FBI, Phishing-Anstieg

FBI warnt: Phishing-Anstieg um 1.300 Prozent seit Jahresbeginn

26.06.2026 - 05:14:37 | boerse-global.de

Die Hackergruppe Kimsuky setzt auf QR-Code-Phishing, um Sicherheitsfilter zu umgehen. FBI und Behörden warnen vor massiv steigenden Angriffen.

FBI warnt: Kimsuky-Hacker nutzen QR-Codes für Phishing-Angriffe
FBI - Eine schattenhafte Figur mit Kapuzenpullover vor einem digital verzerrten, leuchtenden QR-Code, der eine Bedrohung symbolisiert. 26.06.2026 - Bild: über boerse-global.de

Das FBI hat eine entsprechende Sicherheitswarnung herausgegeben.

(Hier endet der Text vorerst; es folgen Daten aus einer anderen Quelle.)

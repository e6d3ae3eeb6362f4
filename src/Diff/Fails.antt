-- ===== src/Diff/Fails.antt =====
-- The errors that come of the calls of src/diff.rs to its writer.
pub mod Run
use fast_rsync.Base.{
  ℕ, zero, suc, ◌+◌, ◌-◌, ◌*◌, ◌≡◌, refl, ap, Bool, true, false, Option, none, some, Option-cases,
  inl, inr, [], ◌∷◌, Bytes, length, slice, get_elem?, ltb, leb, ◌==◌, ◌&&◌, if◌then◌else◌, Outcome,
  ok, err, panic, stuck, ◌>>=◌, ok_or_panic, map_err, Write, IoResult, written, failed, from_io,
}
use fast_rsync.Base.Words.{to_be_bytes}
use fast_rsync.Base.Keys.{get, bytes_eq}
use fast_rsync.Consts.{delta_magic, rs_op_end}
use fast_rsync.Crc.{Crc, update, rotate}
use fast_rsync.Crc
use fast_rsync.Diff.{
  DiffError, io, Collisions, Scan, allowed, match_digest, find_match, match_loop, diff_loop,
  diff_rounds,
}
use fast_rsync.Md4.{md4}
use fast_rsync.SecondLayerMap.{SecondLayerMap}
use fast_rsync.SecondLayerMap
use fast_rsync.Diff.Command.{
  write, insert_command, insert_bytes, write_varint, varint_bytes, copy_command, size_class_marker,
}
use fast_rsync.Diff.Output.{OutputState, emit_queued, emit_literal, emit, queue_copy, copy}
use fast_rsync.Signature.Index.{IndexedSignature, crc_eq}

-- An error of the run is one of those told by `P`, and what it ends in is told by `Q`.
abbrev pub Follows : {E A : Type 0} → (E → Type 0) → (A → Type 0) → Outcome E A → Type 0
Follows P Q (ok a) = Q a
Follows P Q (err e) = P e
Follows P Q panic = Unit {0}
Follows P Q stuck = Unit {0}

module _ {E : Type 0} (P : E → Type 0) where
  pub bind-Follows :
      {A B : Type 0} (Q : A → Type 0) (Q' : B → Type 0) (first : Outcome E A)
      (next : A → Outcome E B)
      → Follows P Q first
      → ((a : A) → Q a → Follows P Q' (next a))
      → Follows P Q' (first >>= next)
  bind-Follows Q Q' (ok a) next f k = k a f
  bind-Follows Q Q' (err x) next f k = f
  bind-Follows Q Q' panic next f k = tt
  bind-Follows Q Q' stuck next f k = tt

  pub if-Follows :
      {A : Type 0} (Q : A → Type 0) (b : Bool) (x y : Outcome E A)
      → Follows P Q x
      → Follows P Q y
      → Follows P Q (if b then x else y)
  if-Follows Q true x y f g = f
  if-Follows Q false x y f g = g

  pub ok_or_panic-Follows : {A : Type 0} (o : Option A) → Follows P (λ a. Unit {0}) (ok_or_panic o)
  ok_or_panic-Follows none = tt
  ok_or_panic-Follows (some a) = tt

-- The writers that successful calls of `write_all` make out of `out`.
pub data Wrote {E W : Type 0} (writer : Write E W) (out : W) : W → Type 0 where
  nothing_yet : Wrote writer out out
  one_more :
      (bytes : Bytes) (w w' : W)
      → Wrote writer out w
      → writer.write_all bytes w ≡ written w'
      → Wrote writer out w'

-- Behind such calls another one fails.
abbrev pub Refused : {E W : Type 0} → Write E W → W → E → Type 0
Refused {W = W} writer out e =
    (bytes : Bytes) × (w : W) × Wrote writer out w × (writer.write_all bytes w ≡ failed e)

abbrev pub Is : {E W A : Type 0} → Write E W → W → (A → Type 0) → Outcome E A → Type 0
Is writer out Q m = Follows (Refused writer out) Q m

abbrev pub Second : {E W A : Type 0} → Write E W → W → A × W → Type 0
Second writer out r = Wrote writer out r.1

abbrev pub Whatever : {A : Type 0} → A → Type 0
Whatever a = Unit {0}

-- The calls of `write_all` follow each other, up to one that fails.
module _ {E W : Type 0} ⦃writer : Write E W⦄ (out : W) where
  pub write-Follows :
      (bytes : Bytes) (w : W)
      → Wrote writer out w
      → Is writer out (Wrote writer out) (write bytes w)
  unfolding write
  write-Follows bytes w g = called (writer.write_all bytes w) refl
    where
      called :
          (r : IoResult E W)
          → writer.write_all bytes w ≡ r
          → Is writer out (Wrote writer out) (from_io (λ x. x) r)
      called (written w') e = one_more bytes w w' g e
      called (failed x) e = (bytes, w, g, e)

  insert_command-Follows :
      (len : ℕ) (w : W)
      → Wrote writer out w
      → Is writer out (Wrote writer out) (insert_command len w)
  unfolding insert_command
  insert_command-Follows len w g =
      if-Follows (Refused writer out) (Wrote writer out) (len == 0) panic
        (write (insert_bytes len) w) tt (write-Follows (insert_bytes len) w g)

  copy_command-Follows :
      (offset len : ℕ) (w : W)
      → Wrote writer out w
      → Is writer out (Wrote writer out) (copy_command offset len w)
  unfolding copy_command write_varint
  copy_command-Follows offset len w g =
      bind-Follows (Refused writer out) (Wrote writer out) (Wrote writer out)
        (write (size_class_marker offset len ∷ []) w) _ (write-Follows _ w g)
        (λ w1 g1.
          bind-Follows (Refused writer out) (Wrote writer out) (Wrote writer out)
            (write (varint_bytes offset) w1) _ (write-Follows _ w1 g1)
            (λ w2 g2. write-Follows (varint_bytes len) w2 g2))

  emit_queued-Follows :
      (s : OutputState) (w : W)
      → Wrote writer out w
      → Is writer out (Second writer out) (emit_queued s w)
  unfolding emit_queued
  emit_queued-Follows s w g = elim (Option-cases s.queued_copy) [
    | inl nothing ↦ rw nothing g
    | inr ((offset, len), queued) ↦ rw queued (
        bind-Follows (Refused writer out) (Wrote writer out) (Second writer out)
          (copy_command offset len w) _ (copy_command-Follows offset len w g) (λ w1 g1. g1))
  ]

  emit_literal-Follows :
      (s : OutputState) (until : ℕ) (input : Bytes) (w : W)
      → Wrote writer out w
      → Is writer out (Second writer out) (emit_literal s until input w)
  unfolding emit_literal
  emit_literal-Follows s until input w g =
      if-Follows (Refused writer out) (Second writer out) (ltb s.emitted until) _ (ok (s, w))
        (bind-Follows (Refused writer out) Whatever (Second writer out)
          (ok_or_panic (slice input s.emitted until)) _ (ok_or_panic-Follows (Refused writer out) _)
          (λ part _.
            bind-Follows (Refused writer out) (Wrote writer out) (Second writer out)
              (insert_command (length part) w) _ (insert_command-Follows (length part) w g)
              (λ w1 g1.
                bind-Follows (Refused writer out) (Wrote writer out) (Second writer out)
                  (write part w1) _ (write-Follows part w1 g1) (λ w2 g2. g2))))
        g

  pub emit-Follows :
      (s : OutputState) (until : ℕ) (input : Bytes) (w : W)
      → Wrote writer out w
      → Is writer out (Second writer out) (emit s until input w)
  unfolding emit
  emit-Follows s until input w g =
      if-Follows (Refused writer out) (Second writer out) (s.emitted == until) (ok (s, w)) _ g (
        bind-Follows (Refused writer out) (Second writer out) (Second writer out) (emit_queued s w)
          _ (emit_queued-Follows s w g) (λ c gc. emit_literal-Follows c.0 until input c.1 gc))

  queue_copy-Follows :
      (s : OutputState) (offset len here : ℕ) (input : Bytes) (w : W)
      → Wrote writer out w
      → Is writer out (Second writer out) (queue_copy s offset len here input w)
  unfolding queue_copy
  queue_copy-Follows s offset len here input w g =
      bind-Follows (Refused writer out) (Second writer out) (Second writer out)
        (emit s here input w) _ (emit-Follows s here input w g) (λ c gc. gc)

  pub copy-Follows :
      (emitted : ℕ) (queued : Option (ℕ × ℕ)) (offset len here : ℕ) (input : Bytes) (w : W)
      → Wrote writer out w
      → Is writer out
          (Second writer out)
          (copy (record { emitted = emitted; queued_copy = queued }) offset len here input w)
  unfolding copy
  copy-Follows emitted none offset len here input w g =
      queue_copy-Follows _ offset len here input w g
  copy-Follows emitted (some (o, l)) offset len here input w g =
      if-Follows (Refused writer out) (Second writer out) (emitted + l == here && o + l == offset) _
        _ g (queue_copy-Follows _ offset len here input w g)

Die auch als APT43 bekannte Gruppe nutzt sogenanntes Quishing für Spear-Phishing-Kampagnen. Dabei versenden die Angreifer E-Mails mit QR-Codes, die auf gefälschte Login-Seiten für Microsoft 365 oder Google führen.

Wer im Visier der Hacker steht

Die Angriffe richten sich primär gegen NGOs, Think Tanks und akademische Einrichtungen mit Nordkorea-Bezug. Ziel ist nicht nur der Diebstahl von Anmeldedaten, sondern auch von Tokens.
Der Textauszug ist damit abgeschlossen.